First, Wu writes as if this were a new issue. Just like the broader debate over network neutrality, in reality this is another version of an extensively debated topic: when should a network operator be forced to allow users particular types of access to its network? Wu ignores the history of this type of regulation.Puzzling because the subtitle of Wu’s paper mentions Carterfone, as in the FCC decision that began net neutrality as we know it. Wu’s paper proceeds to discuss Carterfone on several pages, even including a picture of the actual physical object.
Wireless Net Neutrality? by Scott Wallsten, Progress Snapshot, Release 3.2 February 2007,
Most advocates of network access regulations base their argument on a plausible assumption that some firm has enough market power to profitably act anticompetitively. The wireless industry displays no such evidence of a market failure. Indeed, the evidence suggests that the wireless market is competitive and has brought tremendous benefits to consumers.I suppose that depends on your expectations. We’re finally starting to see things like the iPhone and Slacker. Neither of these innovations originated with the telcos.
Meanwhile, the various wireless telephone carriers each have their own weirdly shaped coverage maps, and may or may not support roaming over other carriers’ networks, for fees that seem Byzantine at best. Transparency and universal service I don’t see.
As Wallsten says, prices per minute have gone down. He also says:
The presence of four major national carriers and several regional players (some of which have now bought enough spectrum to eventually provide nationwide service) suggests that investors are able to mobilize resources to enter the market.That’s also true, and four is better than the duopoly at best that landline broadband customers usually have available. Although I can attest that there are parts of the U.S. where there’s really only one national and one local mobile phone carrier. We’ll see how long multiple mobile carriers last as the landline carriers continue to fold together into fewer big ones.
Wallsten cites rules that required ILECs to provide access to CLECs as failed regulation because the CLECs didn’t invest in infrastructure. I agree that it failed, but I’d say because the ILECs found ways to game the regulations to prevent the CLECs from getting a flat playing field.
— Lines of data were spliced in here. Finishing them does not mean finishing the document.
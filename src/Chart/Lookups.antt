-- ===== src/Chart/Lookups.antt =====
-- What the lookups of scripts/check_chart.py find.
use mathlib.Core.Path.{subst}
use mathlib.Core.Option.{some_inj}
use floodgate.Common.{
  String, true, false, some, ◌≡◌, ◌≢◌, refl, sym, arith, inl, inr, Bool-cases, or_else,
}
use floodgate.Value.{
  Value, null, bool, int, float, str, arr, obj, other, Fields, end, field, get, truthy,
}
use floodgate.Value.Int.{pos}
use floodgate.Value.Laws.{found_in}
use floodgate.Chart.{Checker, is_in, subscript, dot_get, or_empty, equals_zero}

pub subscript-some :
    (v : Value) (k : String) (w : Value)
    → subscript v k ≡ some w
    → (d : Fields) × ((v ≡ obj d) × (get d k ≡ some w))
subscript-some (obj d) k w h = (d, (refl, h))
subscript-some null k w h = absurd (ground (arith, h))
subscript-some (bool b) k w h = absurd (ground (arith, h))
subscript-some (int z) k w h = absurd (ground (arith, h))
subscript-some (float t r) k w h = absurd (ground (arith, h))
subscript-some (str s) k w h = absurd (ground (arith, h))
subscript-some (arr items) k w h = absurd (ground (arith, h))
subscript-some (other t r) k w h = absurd (ground (arith, h))

pub dot_get-obj :
    (w : Value) (k : String) (v : Value)
    → dot_get w k ≡ some v
    → (d : Fields) × ((w ≡ obj d) × (or_else (get d k) null ≡ v))
dot_get-obj (obj d) k v h = (d, (refl, some_inj.0 h))
dot_get-obj null k v h = absurd (ground (arith, h))
dot_get-obj (bool b) k v h = absurd (ground (arith, h))
dot_get-obj (int z) k v h = absurd (ground (arith, h))
dot_get-obj (float t r) k v h = absurd (ground (arith, h))
dot_get-obj (str s) k v h = absurd (ground (arith, h))
dot_get-obj (arr items) k v h = absurd (ground (arith, h))
dot_get-obj (other t r) k v h = absurd (ground (arith, h))

-- What `(w or {}).get(k)` finds.
pub dot_get-some :
    (w : Value) (k : String) (v : Value)
    → dot_get (or_empty w) k ≡ some v
    → v ≢ null
    → (d : Fields) × ((w ≡ obj d) × (get d k ≡ some v))
unfolding get
dot_get-some w k v h n = elim (Bool-cases (truthy w)) [
  | inl e ↦ let (d, (f, g)) = dot_get-obj w k v (rw e at h) in (d, (f, found_in d k v g n))
  | inr e ↦ absurd (n (sym (some_inj.0 (rw e at h))))
]

-- Where a key is in `v or {}`, `v` counts as true.
pub is_in-or_empty :
    (checker : Checker) (v : Value) (k : String)
    → is_in checker k (or_empty v) ≡ some true
    → (truthy v ≡ true) × (is_in checker k v ≡ some true)
unfolding is_in get
is_in-or_empty checker v k h = elim (Bool-cases (truthy v)) [
  | inl e ↦ (e, rw e at h)
  | inr e ↦ absurd (ground (arith, rw e at h))
]

-- A number that is equal to 0.
pub data IsZero : Value → Type 0 where
  zero_int : IsZero (int (pos 0))
  zero_bool : IsZero (bool false)
  zero_float : (r : String) → IsZero (float false r)

pub equals_zero-IsZero : (v : Value) → equals_zero v ≡ true → IsZero v
equals_zero-IsZero (int (pos n)) h = subst (λ n. IsZero (int (pos n))) (ground (arith, h)) zero_int
equals_zero-IsZero (bool false) h = zero_bool
equals_zero-IsZero (float false r) h = zero_float r
equals_zero-IsZero _ h = absurd (ground (arith, h))

pub IsZero-equals_zero : (v : Value) → IsZero v → equals_zero v ≡ true
IsZero-equals_zero _ zero_int = refl
IsZero-equals_zero _ zero_bool = refl
IsZero-equals_zero _ (zero_float r) = refl

pub not_zero_null : (v : Value) → equals_zero v ≡ true → v ≢ null
not_zero_null v h e = absurd (ground (arith, rw e at h))

pub truthy-get : (d : Fields) (k : String) (v : Value) → get d k ≡ some v → truthy (obj d) ≡ true
unfolding truthy get
truthy-get end k v h = absurd (ground (arith, h))
truthy-get (field j x d) k v h = refl

pub obj_not_null : (d : Fields) → obj d ≢ null
obj_not_null d e = cc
But Wallsten’s main contention seems to be that there’s competition now, so why regulate? Plus comparing the current wireless market to the old Ma Bell monopoly is absurd, he says. Well, I don’t know. I’m looking to change my cellphone service, and I don’t really want to bother with changing my physical phone right now. Looks like I’ll have to do that, and sign up for a two year contract. Different from Ma Bell, maybe, but I see some similarity. Wallsten addresses this scenario and appears to see it as a competitive feature for t-mobile and Cingular, since their networks will permit unlocked GSM phones to work on either. I guess I don’t see why it should be special, since I’m used to connecting my wireless Internet laptop to any old wireless network through any ISP without having to buy a special device or pay extra for compatibility.
Wallsten says in his final paragraph:
Any proposed regulation must always be considered carefully to ensure that it carefully targets a specific market failure and that the benefits of the regulation are expected to exceed its costs.I’d be more impressed with that argument if I were convinced that the FCC had taken such care before abrogating net neutrality for the Internet in August 2005.
Besides, sometimes regulation is required for more important reasons, such as the rule of law, protection of the people from physical harm, etc. The U.S. First Amendment has a pretty good track record for freedom of the press, for instance. Market failure isn’t the only reason for regulation. In the case of net neutrality, issues such as innovation and freedom of speech may enter into it, as well.